UA Baja Racing Gives Best Performance in Club History at International Competition
UA Baja Racing placed 21st out of a field of 100 teams in the 2011 international collegiate off-road racing competition, a personal best for the student engineering club.
One hundred student teams from the US, Brazil, Canada, France, Mexico, Argentina, Israel, and India converged on the Pittsburg State University campus in Kansas in May 2011 to compete in the Baja SAE Collegiate Design Series, organized by the Society of Automotive Engineers.
The last few years have seen the UA Engineering club climb steadily up the rankings. The team ascended from the back 20 in 2007 to come in 33rd in 2008 and 2009, but wrecks and mechanical problems pushed them back to 52nd and 53rd in 2010, when they entered two cars.
Tough Build
The UA team showed race-hardened engineering expertise this year with a solid performance against the experienced international field. UA Baja Racing's overall score was 668 points out of a possible 1000.
"We built a really solid car this year," said Josh Spivey, who graduated in May 2011 in mechanical engineering and recently stepped down as UA Baja Racing club president. Spivey's senior design project, which he and his design team presented at Engineering Design Day in May 2011, was building a drive train for the Baja racecar.
Achieving the highest finishing position in the club's history means that Spivey hands over the reins on a high note, but he knows there is still work to be done. "We've got the build down," Spivey said. "Now it's about squeezing every last bit of horsepower out of the engine."
Managing that task will fall to Spivey's replacement as club president, civil engineering junior Sean Hays. "We are going to build on what we have learned," Hays said. "We will do more testing, refine the transmission, and carefully measure the car's performance."
Mud and Penalties
The trick to placing well in this competition is to put in a robust performance in every category without incurring penalty points, which is exactly what the UA team did this year, and hopes to do next. In the static events of cost and design reports and presentations, the team scored 207 out of 300, with their design report drawing a noteworthy 158 out of 200 from the judges.
The story was the same in the dynamic events, which test acceleration, maneuverability, pulling power, suspension and traction, and, of course, driving ability. UA Baja Racing completed every event and scored 180 out of 300 available points, including an impressive 61 out of 75 for maneuverability, the 4th best score in that event.
The final event, the endurance race, is an epic test of every aspect of the car's design and driver's ability, and carries fully 40 percent of the overall points available. UA tackled the demanding course to finish 22nd in this event with 281 points out of a maximum of 400.

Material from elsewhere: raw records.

-- ===== src/Restoring/Insert.antt =====
-- `InsertRestoredOrder` is the matcher's `Insert`: the linear search finds what the binary one does.
use tradedrift.Base.{
  ℕ, suc, ◌≡◌, refl, sym, ap, inl, inr, ◌∙◌, List, [], ◌∷◌, none, Bool, Bool-cases, Option-cases,
}
use tradedrift.OrderBook.{OrderNode, Side, OrderBook}
use tradedrift.Matcher.Search.{is_worse, binary_search_insert_index}
use tradedrift.Matcher.Ops.{insert_at, place, insert, get_side}
use tradedrift.Snapshot.Restore.{linear_insert_index, place_restored, insert_restored_order}
use tradedrift.Matching.Prices.{IsSorted, first_index}
use tradedrift.Matching.Slice.{insert_at_sorted, insert_at-first_index}
use tradedrift.Matching.Book.{IsBook, IsBook-at, insert_new}

linear-first_index :
    (bid : Bool) (ps : List ℕ) (price : ℕ)
    → linear_insert_index bid ps price ≡ first_index (λ p. is_worse bid p price) ps
linear-first_index bid [] price = refl
linear-first_index bid (p ∷ ps) price = elim (Bool-cases (is_worse bid p price)) [
  | inl e ↦ rw e
  | inr e ↦ rw e (ap suc (linear-first_index bid ps price))
]

-- Both searches put the price at the same place of a sorted slice.
linear_is_binary :
    (s : Side) (price : ℕ)
    → IsSorted s.is_bid s.sorted_prices
    → insert_at s.sorted_prices (linear_insert_index s.is_bid s.sorted_prices price) price
      ≡ insert_at s.sorted_prices (binary_search_insert_index s price) price
linear_is_binary s price h =
    ap (λ i. insert_at s.sorted_prices i price) (linear-first_index s.is_bid s.sorted_prices price)
    ∙ insert_at-first_index s.is_bid price s.sorted_prices
    ∙ sym (insert_at_sorted s price h)

place_restored_is_place :
    (s : Side) (node : OrderNode)
    → IsSorted s.is_bid s.sorted_prices
    → place_restored s node ≡ place s node
unfolding place_restored place
place_restored_is_place s node h = elim (Option-cases (s.price_levels node.price)) [
  | inl e ↦ rw (e, place_restored, place) (rw (linear_is_binary s node.price h) refl)
  | inr (l, e) ↦ rw (e, place_restored, place) refl
]

-- On a well-formed book that does not hold the order's id, InsertRestoredOrder with its linear
-- search does what the matcher's Insert with its binary search does.
pub insert_restored_is_insert :
    (b : OrderBook) (node : OrderNode)
    → IsBook b
    → b.order_index node.order_id ≡ none
    → insert_restored_order b node ≡ insert b node
unfolding insert_restored_order
insert_restored_is_insert b node h new =
    let ok = (IsBook-at node.side b h).own_ok in
    let sorted : IsSorted (get_side b node.side).is_bid (get_side b node.side).sorted_prices =
      rw ok.bid ok.sorted in
    rw (place_restored_is_place (get_side b node.side) node sorted) (sym (insert_new b node new))
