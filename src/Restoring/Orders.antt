-- ===== src/Restoring/Orders.antt =====
-- One order of a snapshot: what `Serialize` wrote, `Restore` reads.
use mathlib.Core.Option.{some}
use tradedrift.Base.{
  ℕ, zero, suc, ◌+◌, ◌<◌, ◌≤◌, ◌≡◌, refl, ◌≢◌, sym, true, false, leb, ◌==◌, pos, positive, arith,
}
use tradedrift.OrderBook.{SideType, buy, sell, limit, OrderNode}
use tradedrift.Snapshot.Serialize.{Codec, snapshot_order, side_string}
use tradedrift.Snapshot.Restore.{Rules, restored, read_order, aligned, one_day, parse_side}

-- The texts read back as what they were printed from.
pub record Reads (c : Codec) : Type 0 where
  pub uuid : (k : ℕ) → c.uuid_parse (c.uuid_string k) ≡ some k
  pub decimal : (n : ℕ) → c.decimal_parse (c.decimal_string n) ≡ some (pos n)
  pub time : (t : ℕ) → c.time_parse (c.time_format t) ≡ some t

-- An order that passes the checks of `Restore` on it alone.
pub record IsStorable (rules : Rules) (n : OrderNode) : Type 0 where
  pub of_market : n.market_id ≡ rules.market_id
  pub is_limit : n.order_type ≡ limit
  pub remaining_positive : 0 < n.remaining_qty
  pub remaining_le : n.remaining_qty ≤ n.original_qty
  pub on_tick : aligned rules.tick_size n.price ≡ true
  pub original_on_lot : aligned rules.lot_size n.original_qty ≡ true
  pub remaining_on_lot : aligned rules.lot_size n.remaining_qty ≡ true
  pub price_positive : 0 < n.price
  pub has_time : n.timestamp ≢ 0
  pub not_future : n.timestamp ≤ rules.now + one_day

positive_pos : (n : ℕ) → 0 < n → positive (pos n) ≡ some n
positive_pos zero h = absurd (omega (arith, h))
positive_pos (suc n) h = refl

parse_side_string : (st : SideType) → parse_side (side_string st) ≡ some st
parse_side_string buy = refl
parse_side_string sell = refl

pub read_order-snapshot_order :
    (c : Codec) (rules : Rules) (n : OrderNode)
    → Reads c
    → IsStorable rules n
    → read_order c rules (snapshot_order c n) ≡ restored n
unfolding read_order snapshot_order
read_order-snapshot_order c rules n r s =
    let l = s.remaining_le in
    let p = s.remaining_positive in
    let le : leb n.remaining_qty n.original_qty ≡ true = ground arith in
    let late = s.not_future in
    let soon : leb n.timestamp (rules.now + one_day) ≡ true = ground arith in
    let t = s.has_time in
    let timed : (n.timestamp == 0) ≡ false = ground arith in
    rw
      (
        r.uuid n.order_id,
        r.uuid n.user_id,
        r.time n.timestamp,
        r.decimal n.price,
        r.decimal n.original_qty,
        r.decimal n.remaining_qty,
        parse_side_string n.side,
      )
      (rw s.is_limit (
        rw
          (
            positive_pos n.original_qty (omega (arith, l, p)),
            positive_pos n.remaining_qty p,
            le,
            s.on_tick,
            s.original_on_lot,
            s.remaining_on_lot,
            positive_pos n.price s.price_positive,
            timed,
            soon,
          )
          (rw (sym s.of_market) refl)))
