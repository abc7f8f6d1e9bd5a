-- ===== src/Polyline/Decode.antt =====
-- A reader of polyline text, from the description of the format: the independent half of the round
-- trip of polyline.c.
use rrrr.Prelude.{
  ℕ, zero, suc, ◌+◌, ◌-◌, ◌*◌, ◌/◌, ◌%◌, ◌^◌, List, [], ◌∷◌, ltb, ◌==◌, if◌then◌else◌,
}

-- The bits that the text begins with, and the rest of the text: chunks from the lowest on, the last
-- of them with a character below 95.
abbrev pub decode_bits : List ℕ → ℕ × List ℕ
decode_bits [] = (0, [])
decode_bits (c ∷ cs) =
    let (value, rest) = decode_bits cs in
    if ltb c 95 then (c - 63, cs) else (c - 95 + 32 * value, rest)

-- The sign is the lowest bit; the number is read in two's complement.
abbrev pub unsigned : ℕ → ℕ
unsigned bits = if bits % 2 == 0 then bits / 2 else 2 ^ 32 - 1 - bits / 2

abbrev pub decode_double : List ℕ → ℕ × List ℕ
decode_double text = let (bits, rest) = decode_bits text in (unsigned bits, rest)

-- `n` pairs of numbers.
unfoldable pub decode_points : ℕ → List ℕ → List (ℕ × ℕ)
decode_points zero text = []
decode_points (suc n) text =
    let (lat, text1) = decode_double text in
    let (lon, text2) = decode_double text1 in (lat, lon) ∷ decode_points n text2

The UA car faced an unexpectedly tough obstacle in the endurance event -- mud. The days preceding the race saw the area's worst weather in 60 years. "I have never seen mud like that," said Spivey, who was one of the drivers during the race. "It was power-robbing and we were lucky we did not get stuck." Hays concurred: "There was probably a hundred pounds of mud on the car by the end of the race," he said.
Baja SAE, organized by the Society of Automotive Engineers, consists of regional competitions that simulate real-world engineering design projects and their related challenges. The idea behind the competition is to prepare team members for work in the real world and its rules and regulations, deadlines and goals.
UA Baja Racing designs new vehicles every year and competes in the Baja SAE Collegiate Design Series every summer. Teams must design, build, market and race a single-seat off-road vehicle while securing financial support for their vehicles and keeping up educational priorities.